**EXERCISE REQUIREMENTS**
Write out exactly the first lines of the listing, ending on the line that contains "with_account id (block_until (now + days 1)".

**RECORD EXTRACTS**
BEGIN
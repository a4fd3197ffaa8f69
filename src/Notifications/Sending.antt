-- ===== src/Notifications/Sending.antt =====
-- app/notifications/worker.py NotificationWorker.send_one: the accounts that an answer blocks, and the whole step.
use job_ping.Base.{
  ℕ, ◌+◌, Bool, true, false, Option, none, some, List, [], ◌∷◌, find, Text, codes, ltb, leb,
  if◌then◌else◌, ◌==◌, nat_eq,
}
use job_ping.Notifications.Models.{
  Account, EmailAccount, Mailbox, account_eq, EmailDelivery, Subscriber,
}
use job_ping.Notifications.Outcome.{
  SendResult, Response, settled, sender_status, taken, known_error, result_of, daily_quota_exceeded,
  monthly_quota_exceeded, network_error, provider_error,
}
use job_ping.Notifications.Claims.{Claimed, Services, set_user, put_delivery}
use job_ping.Notifications.ClaimLoop.{claim_delivery}
use job_ping.Notifications.Budget.{days}

-- The row of an account, which is added where it is missing.
unfoldable pub with_account :
    Account → (EmailAccount → EmailAccount) → List EmailAccount → List EmailAccount
with_account id f [] = f (record { id = id; blocked_until = none; error_code = none }) ∷ []
with_account id f (a ∷ as_) =
    let rest = with_account id f as_ in if a.id == id then f a ∷ as_ else a ∷ rest

unfoldable pub block_until : ℕ → Text → EmailAccount → EmailAccount
block_until until code a = record a { blocked_until = some until; error_code = some code }

-- `blocked_until is None or blocked_until < until`
unfoldable pub extended : ℕ → EmailAccount → EmailAccount
unfolding block_until
extended until a = elim a.blocked_until [
  | none ↦ block_until until (codes "quota_paused") a
  | some t ↦ if ltb t until then block_until until (codes "quota_paused") a else a
]

unfoldable pub after_result : ℕ → SendResult → Account → List EmailAccount → List EmailAccount
unfolding with_account block_until
after_result now daily_quota_exceeded id as_ =
    with_account id (block_until (now + days 1) (codes "daily_quota_exceeded")) as_
after_result now monthly_quota_exceeded id as_ =
    with_account id (block_until (now + days 31) (codes "monthly_quota_exceeded")) as_
after_result now (taken t) id as_ = as_
after_result now network_error id as_ = as_
after_result now provider_error id as_ = as_
after_result now (known_error name) id as_ = as_

-- A quota header at its threshold blocks the account for so many days.
unfoldable pub after_header : ℕ → Option ℕ → ℕ → ℕ → Account → List EmailAccount → List EmailAccount
unfolding extended with_account
after_header now none threshold n id as_ = as_
after_header now (some used) threshold n id as_ =
    if leb threshold used then with_account id (extended (now + days n)) as_ else as_

unfoldable pub after_headers : ℕ → Option Response → Account → List EmailAccount → List EmailAccount
unfolding after_header
after_headers now none id as_ = as_
after_headers now (some r) id as_ =
    after_header now r.monthly_used 2900 31 id (after_header now r.daily_used 90 1 id as_)

unfoldable pub settle_found :
    ℕ → Option Response → EmailDelivery → Subscriber → Account → Mailbox → Mailbox
unfolding settled sender_status after_result after_headers set_user put_delivery result_of
settle_found now o d u account m =
    let n =
      set_user u.id (λ v. record v { status = sender_status o (result_of o) d u })
        (put_delivery (settled now o (result_of o) d) m) in
    record n {
      accounts = after_headers now o account (after_result now (result_of o) account n.accounts);
    }

-- The transaction after the answer. A claimed delivery has an account and a subscriber; without them the code raises.
unfoldable pub settle : ℕ → Option Response → ℕ → Mailbox → Option Mailbox
unfolding settle_found
settle now o id m = elim (find (λ d. d.id == id) m.deliveries) [
  | none ↦ none
  | some d ↦ elim (find (λ u. u.id == d.subscriber_id) m.subscribers) [
    | none ↦ none
    | some u ↦ elim d.account [
      | none ↦ none
      | some account ↦ some (settle_found now o d u account m)
    ]
  ]
]

-- send_one, where `post` is the provider: false where no delivery was claimed.
unfoldable pub send_claimed :
    (Claimed → Option Response) → ℕ → Option (Mailbox × Option Claimed) → Option (Bool × Mailbox)
unfolding settle
send_claimed post now none = none
send_claimed post now (some (m, none)) = some (false, m)
send_claimed post now (some (m, some c)) = elim (settle now (post c) c.delivery_id m) [
  | none ↦ none
  | some n ↦ some (true, n)
]

unfoldable pub send_one :
    Services → (Claimed → Option Response) → ℕ → Mailbox → Option (Bool × Mailbox)
unfolding send_claimed claim_delivery
send_one env post now m = send_claimed post now (claim_delivery env now m)
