-- ===== src/Notifications/QuotaErrors.antt =====
-- What a quota error, or a quota header, leaves of the budget of its account.
use job_ping.Base.{
  ℕ, ◌+◌, ◌<◌, ◌≡◌, true, false, Option, none, some, List, [], ◌∷◌, arith, find, ◌==◌, nat_eq,
  option_eq, refl, Text, codes, ◌≤◌, ap, ◌∙◌, ◌≢◌, Apart,
}
use job_ping.Notifications.Outcome.{
  Response, SendResult, result_of, taken, known_error, network_error, daily_quota_exceeded,
  provider_error, monthly_quota_exceeded,
}
use job_ping.Notifications.Sending.{
  with_account, extended, after_header, after_headers, after_result, block_until, settle_found,
}
use job_ping.Notifications.Models.{
  Account, EmailDelivery, EmailAccount, account_beq_iff, account_eq, delivery_status_eq,
  DeliveryKind, Subscriber, Mailbox,
}
use job_ping.Notifications.Budget.{blocks_at, days, budget}
use job_ping.Notifications.Claims.{Services, Claimed, account_of}
use job_ping.Notifications.UniqueIds.{same_id}
use job_ping.Notifications.ClaimLoop.{claim_delivery}
use job_ping.Notifications.Grants.{claim_budget}

blocks-with_account :
    (later : ℕ) (id : Account) (f : EmailAccount → EmailAccount) (as_ : List EmailAccount)
    → ((a : EmailAccount) → (f a).id ≡ a.id)
    → ((a : EmailAccount) → blocks_at later (some (f a)) ≡ true)
    → blocks_at later (find (λ a. a.id == id) (with_account id f as_)) ≡ true
unfolding with_account
blocks-with_account later id f [] e h =
    let new : EmailAccount = record { id = id; blocked_until = none; error_code = none } in
    ground (arith, e new, h new, account_beq_iff (f new).id id)
blocks-with_account later id f (a ∷ as_) e h = ground (
  arith,
  e a,
  h a,
  account_beq_iff (f a).id id,
  account_beq_iff a.id id,
  blocks-with_account later id f as_ e h,
)

stays-with_account :
    (later : ℕ) (id : Account) (f : EmailAccount → EmailAccount) (as_ : List EmailAccount)
    → ((a : EmailAccount) → (f a).id ≡ a.id)
    → ((a : EmailAccount) → blocks_at later (some a) ≡ true → blocks_at later (some (f a)) ≡ true)
    → blocks_at later (find (λ a. a.id == id) as_) ≡ true
    → blocks_at later (find (λ a. a.id == id) (with_account id f as_)) ≡ true
unfolding with_account blocks_at
stays-with_account later id f [] e h k = absurd (ground arith)
stays-with_account later id f (a ∷ as_) e h k = ground (
  arith,
  e a,
  h a,
  account_beq_iff (f a).id id,
  account_beq_iff a.id id,
  stays-with_account later id f as_ e h,
)

extended-stays :
    (later until : ℕ) (a : EmailAccount)
    → ((extended until a).id ≡ a.id)
      × (blocks_at later (some a) ≡ true → blocks_at later (some (extended until a)) ≡ true)
unfolding extended blocks_at
extended-stays later until a = (ground arith, λ h. ground arith)

header-blocks :
    (later : ℕ) (used : Option ℕ) (now threshold n : ℕ) (id : Account) (as_ : List EmailAccount)
    → blocks_at later (find (λ a. a.id == id) as_) ≡ true
    → blocks_at later (find (λ a. a.id == id) (after_header now used threshold n id as_)) ≡ true
unfolding after_header
header-blocks later none now threshold n id as_ h = h
header-blocks later (some used) now threshold n id as_ h = ground (
  arith,
  stays-with_account later id (extended (now + days n)) as_
      (λ a. (extended-stays later (now + days n) a).0)
      (λ a. (extended-stays later (now + days n) a).1) h,
)

extended-blocks :
    (later : ℕ) (o : Option Response) (now : ℕ) (id : Account) (as_ : List EmailAccount)
    → blocks_at later (find (λ a. a.id == id) as_) ≡ true
    → blocks_at later (find (λ a. a.id == id) (after_headers now o id as_)) ≡ true
unfolding after_headers
extended-blocks later none now id as_ h = h
extended-blocks later (some r) now id as_ h =
    header-blocks later r.monthly_used now 2900 31 id (after_header now r.daily_used 90 1 id as_)
      (header-blocks later r.daily_used now 90 1 id as_ h)

-- The quota that an answer reports as used up.
abbrev pub quota_days : SendResult → ℕ
quota_days daily_quota_exceeded = 1
quota_days monthly_quota_exceeded = 31
quota_days (taken id) = 0
quota_days network_error = 0
quota_days provider_error = 0
quota_days (known_error name) = 0

block_until-blocks :
    (later until : ℕ) (code : Text) (a : EmailAccount)
    → later < until
    → blocks_at later (some (block_until until code a)) ≡ true
unfolding blocks_at block_until
block_until-blocks later until code a h = ground arith

result-blocks :
    (now later : ℕ) (id : Account) (as_ : List EmailAccount) (r : SendResult)
    → now ≤ later
    → later < now + days (quota_days r)
    → blocks_at later (find (λ a. a.id == id) (after_result now r id as_)) ≡ true
unfolding after_result
result-blocks now later id as_ daily_quota_exceeded l h =
    blocks-with_account later id (block_until (now + days 1) (codes "daily_quota_exceeded")) as_
      (λ a. refl) (λ a. block_until-blocks later (now + days 1) (codes "daily_quota_exceeded") a h)
result-blocks now later id as_ monthly_quota_exceeded l h =
    blocks-with_account later id (block_until (now + days 31) (codes "monthly_quota_exceeded")) as_
      (λ a. refl)
      (λ a. block_until-blocks later (now + days 31) (codes "monthly_quota_exceeded") a h)
result-blocks now later id as_ (taken t) l h = absurd (omega arith)
result-blocks now later id as_ network_error l h = absurd (omega arith)
result-blocks now later id as_ provider_error l h = absurd (omega arith)
result-blocks now later id as_ (known_error name) l h = absurd (omega arith)

blocked-budget :
    (later : ℕ) (kind : DeliveryKind) (account : Account) (m : Mailbox)
    → blocks_at later (find (λ a. a.id == account) m.accounts) ≡ true
    → budget account kind later m ≡ false
unfolding budget
blocked-budget later kind account m h = rw h refl

-- After an answer that a quota of an account is used up, for a day where it is the daily quota and for 31 days where it
-- is the monthly one, and as long as the account's row is the one that this answer left: whatever else the tables then
-- are, what claim grants for a first attempt is not to a subscriber of that account.
pub quota_error_stops :
    (env : Services) (now later : ℕ) (o : Option Response) (d : EmailDelivery) (u : Subscriber)
    (account : Account) (m k n : Mailbox) (c : Claimed) (e : EmailDelivery) (v : Subscriber)
    → now ≤ later
    → later < now + days (quota_days (result_of o))
    → find (λ a. a.id == account) k.accounts
      ≡ find (λ a. a.id == account) (settle_found now o d u account m).accounts
    → Apart same_id k.deliveries
    → claim_delivery env later k ≡ some (n, some c)
    → find (λ f. f.id == c.delivery_id) k.deliveries ≡ some e
    → e.first_attempt ≡ none
    → find (λ w. w.id == e.subscriber_id) n.subscribers ≡ some v
    → account_of v ≢ account
unfolding settle_found
quota_error_stops env now later o d u account m k n c e v l h row a g f t w same =
    let blocks : blocks_at later (find (λ a. a.id == account) k.accounts) ≡ true =
      ap (blocks_at later) row
      ∙ extended-blocks later o now account (after_result now (result_of o) account m.accounts)
          (result-blocks now later account m.accounts (result_of o) l h) in
    let passed = claim_budget env later k n c e v a g f w t in
    let stopped =
      blocked-budget later e.kind account (record k { subscribers = n.subscribers }) blocks in
    let failed : budget (account_of v) e.kind later (record k { subscribers = n.subscribers })
        ≡ false =
      rw same stopped in
    absurd (ground (arith, passed, failed))
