-- ===== src/Notifications/Quotas.antt =====
-- What a claim leaves: the quota of its account, and its lease.
use job_ping.Base.{
  ℕ, ◌+◌, ◌-◌, ◌*◌, ◌≤◌, ◌<◌, ◌≡◌, refl, sym, inl, inr, Bool, true, false, some, List, [], ◌∷◌,
  arith, length, keep, All, Text, nat_beq_iff, Bool-cases, ◌==◌, nat_eq, any, Apart, none, find,
}
use job_ping.Notifications.Recaps.{replace}
use job_ping.Notifications.Budget.{budget, charged_since, days, reserve, recaps_of, is_charged}
use job_ping.Notifications.Claims.{
  is_candidate, charged, put_delivery, lease_over, Services, Claimed, is_attempted, account_of,
}
use job_ping.Notifications.Models.{EmailDelivery, Account, Subscriber, DeliveryKind, Mailbox}
use job_ping.Notifications.ClaimLaws.{claim_reaches}
use job_ping.Notifications.ClaimLoop.{claim_delivery}
use job_ping.Notifications.UniqueIds.{same_id}
use job_ping.Notifications.Skipped.{IsRow}

same-apart :
    (new d : EmailDelivery) (ds : List EmailDelivery)
    → d.id ≡ new.id
    → any (same_id d) ds ≡ false
    → replace new ds ≡ ds
unfolding replace
same-apart new d [] e h = refl
same-apart new d (x ∷ ds) e h =
    let rest = same-apart new d ds e (ground arith) in
    ground (arith, nat_beq_iff d.id x.id, nat_beq_iff x.id new.id)

count-replace :
    (q : EmailDelivery → Bool) (new : EmailDelivery) (ds : List EmailDelivery)
    → Apart same_id ds
    → length (keep q (replace new ds)) ≤ length (keep q ds) + 1
unfolding replace
count-replace q new [] h = omega arith
count-replace q new (d ∷ ds) h = elim (Bool-cases (d.id == new.id)) [
  | inl e ↦
      let same = same-apart new d ds (ground (arith, nat_beq_iff d.id new.id)) h.0 in
      rw (e, same) (ground arith)
  | inr e ↦ rw e (ground (arith, count-replace q new ds h.1))
]

-- A budget that is passed has room for the reserve and one more.
budget-room :
    (account : Account) (kind : DeliveryKind) (now : ℕ) (m : Mailbox)
    → budget account kind now m ≡ true
    → (charged_since account (now - days 1) m.deliveries
          + reserve kind (recaps_of account m.subscribers)
          + 1
        ≤ 90)
      × (charged_since account (now - days 31) m.deliveries
            + reserve kind (recaps_of account m.subscribers * 31)
            + 1
          ≤ 2900)
unfolding budget
budget-room account kind now m h = ground arith

-- The subscriber's account within its quota: what it is charged, with the reserve of a delivery of this kind.
abbrev pub IsInQuota : ℕ → EmailDelivery → Subscriber → Mailbox → Type 0
IsInQuota now d u n =
    (charged_since (account_of u) (now - days 1) n.deliveries
        + reserve d.kind (recaps_of (account_of u) n.subscribers)
      ≤ 90)
    × (charged_since (account_of u) (now - days 31) n.deliveries
          + reserve d.kind (recaps_of (account_of u) n.subscribers * 31)
        ≤ 2900)

put-IsInQuota :
    (now : ℕ) (d new : EmailDelivery) (u : Subscriber) (p : Mailbox)
    → Apart same_id p.deliveries
    → budget (account_of u) d.kind now p ≡ true
    → IsInQuota now d u (put_delivery new p)
unfolding charged_since put_delivery
put-IsInQuota now d new u p a h =
    let room = budget-room (account_of u) d.kind now p h in
    (
      omega (
        arith,
        room.0,
        count-replace (is_charged (account_of u) (now - days 1)) new p.deliveries a,
      ),
      omega (
        arith,
        room.1,
        count-replace (is_charged (account_of u) (now - days 31)) new p.deliveries a,
      ),
    )

is_first : (d : EmailDelivery) → d.first_attempt ≡ none → is_attempted d ≡ false
unfolding is_attempted
is_first d h = ground arith

-- A first attempt that claim grants, of a stored delivery and its subscriber, leaves the subscriber's account, of the
-- last day and of the last 31 days, at most 90 and 2900 first attempts, and for anything but a recap room besides for
-- a recap each day of each subscriber of the account.
pub claim_within_quota :
    (env : Services) (now : ℕ) (m n : Mailbox) (c : Claimed) (d : EmailDelivery) (u : Subscriber)
    → Apart same_id m.deliveries
    → claim_delivery env now m ≡ some (n, some c)
    → find (λ e. e.id == c.delivery_id) m.deliveries ≡ some d
    → find (λ v. v.id == d.subscriber_id) n.subscribers ≡ some u
    → d.first_attempt ≡ none
    → IsInQuota now d u n
unfolding put_delivery IsRow
claim_within_quota env now m n c d u a h f k t =
    let r = claim_reaches env now m n c a h in
    let g = r.granted in
    let stored : find (λ e. e.id == c.delivery_id) m.deliveries ≡ some r.taken =
      rw g.delivery_is r.is_row.0 in
    let it : r.taken ≡ d = ground (arith, stored, f) in
    let read : find (λ v. v.id == r.taken.subscriber_id) n.subscribers ≡ some r.reader =
      rw g.result r.has_reader in
    let k2 : find (λ v. v.id == r.taken.subscriber_id) n.subscribers ≡ some u = rw it k in
    let its : r.reader ≡ u = ground (arith, read, k2) in
    let first : r.taken.first_attempt ≡ none = rw it t in
    let done =
      put-IsInQuota now r.taken (charged now r.reader c.body r.taken) r.reader r.reached r.apart
        (g.in_quota (is_first r.taken first)) in
    rw (sym it, sym its, g.result) done

leased :
    (now later : ℕ) (u : Subscriber) (body : Text) (d : EmailDelivery)
    → later < now + 120
    → is_candidate later (charged now u body d) ≡ false
unfolding is_candidate charged lease_over
leased now later u body d h = ground arith

charged-id :
    (now : ℕ) (u : Subscriber) (body : Text) (d : EmailDelivery) → (charged now u body d).id ≡ d.id
unfolding charged
charged-id now u body d = refl

leased-All :
    (now later : ℕ) (u : Subscriber) (body : Text) (d : EmailDelivery) (ds : List EmailDelivery)
    → later < now + 120
    → All
        (λ (e : EmailDelivery). e.id ≡ d.id → is_candidate later e ≡ false)
        (replace (charged now u body d) ds)
unfolding replace
leased-All now later u body d [] h = tt
leased-All now later u body d (x ∷ ds) h = (
  ground (arith, leased now later u body d h, nat_beq_iff x.id d.id, charged-id now u body d),
  leased-All now later u body d ds h,
)

-- For two minutes no other claim can take a delivery that was claimed: no delivery of its id is a candidate.
pub claim_leases :
    (env : Services) (now later : ℕ) (m n : Mailbox) (c : Claimed)
    → Apart same_id m.deliveries
    → claim_delivery env now m ≡ some (n, some c)
    → later < now + 120
    → All (λ (e : EmailDelivery). e.id ≡ c.delivery_id → is_candidate later e ≡ false) n.deliveries
unfolding put_delivery
claim_leases env now later m n c a h l =
    let r = claim_reaches env now m n c a h in
    rw (r.granted.result, r.granted.delivery_is)
      (leased-All now later r.reader c.body r.taken r.reached.deliveries l)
END
**ANSWER SECTION**
repository a4fd3197ffaa8f69
filename src/Notifications/Sending.antt
-- ===== src/Notifications/Sending.antt =====
-- app/notifications/worker.py NotificationWorker.send_one: the accounts that an answer blocks, and the whole step.
use job_ping.Base.{
  ℕ, ◌+◌, Bool, true, false, Option, none, some, List, [], ◌∷◌, find, Text, codes, ltb, leb,
  if◌then◌else◌, ◌==◌, nat_eq,
}
use job_ping.Notifications.Models.{
  Account, EmailAccount, Mailbox, account_eq, EmailDelivery, Subscriber,
}
use job_ping.Notifications.Outcome.{
  SendResult, Response, settled, sender_status, taken, known_error, result_of, daily_quota_exceeded,
  monthly_quota_exceeded, network_error, provider_error,
}
use job_ping.Notifications.Claims.{Claimed, Services, set_user, put_delivery}
use job_ping.Notifications.ClaimLoop.{claim_delivery}
use job_ping.Notifications.Budget.{days}

-- The row of an account, which is added where it is missing.
unfoldable pub with_account :
    Account → (EmailAccount → EmailAccount) → List EmailAccount → List EmailAccount
with_account id f [] = f (record { id = id; blocked_until = none; error_code = none }) ∷ []
with_account id f (a ∷ as_) =
    let rest = with_account id f as_ in if a.id == id then f a ∷ as_ else a ∷ rest

unfoldable pub block_until : ℕ → Text → EmailAccount → EmailAccount
block_until until code a = record a { blocked_until = some until; error_code = some code }

-- `blocked_until is None or blocked_until < until`
unfoldable pub extended : ℕ → EmailAccount → EmailAccount
unfolding block_until
extended until a = elim a.blocked_until [
  | none ↦ block_until until (codes "quota_paused") a
  | some t ↦ if ltb t until then block_until until (codes "quota_paused") a else a
]

unfoldable pub after_result : ℕ → SendResult → Account → List EmailAccount → List EmailAccount
unfolding with_account block_until
after_result now daily_quota_exceeded id as_ =
    with_account id (block_until (now + days 1) (codes "daily_quota_exceeded")) as_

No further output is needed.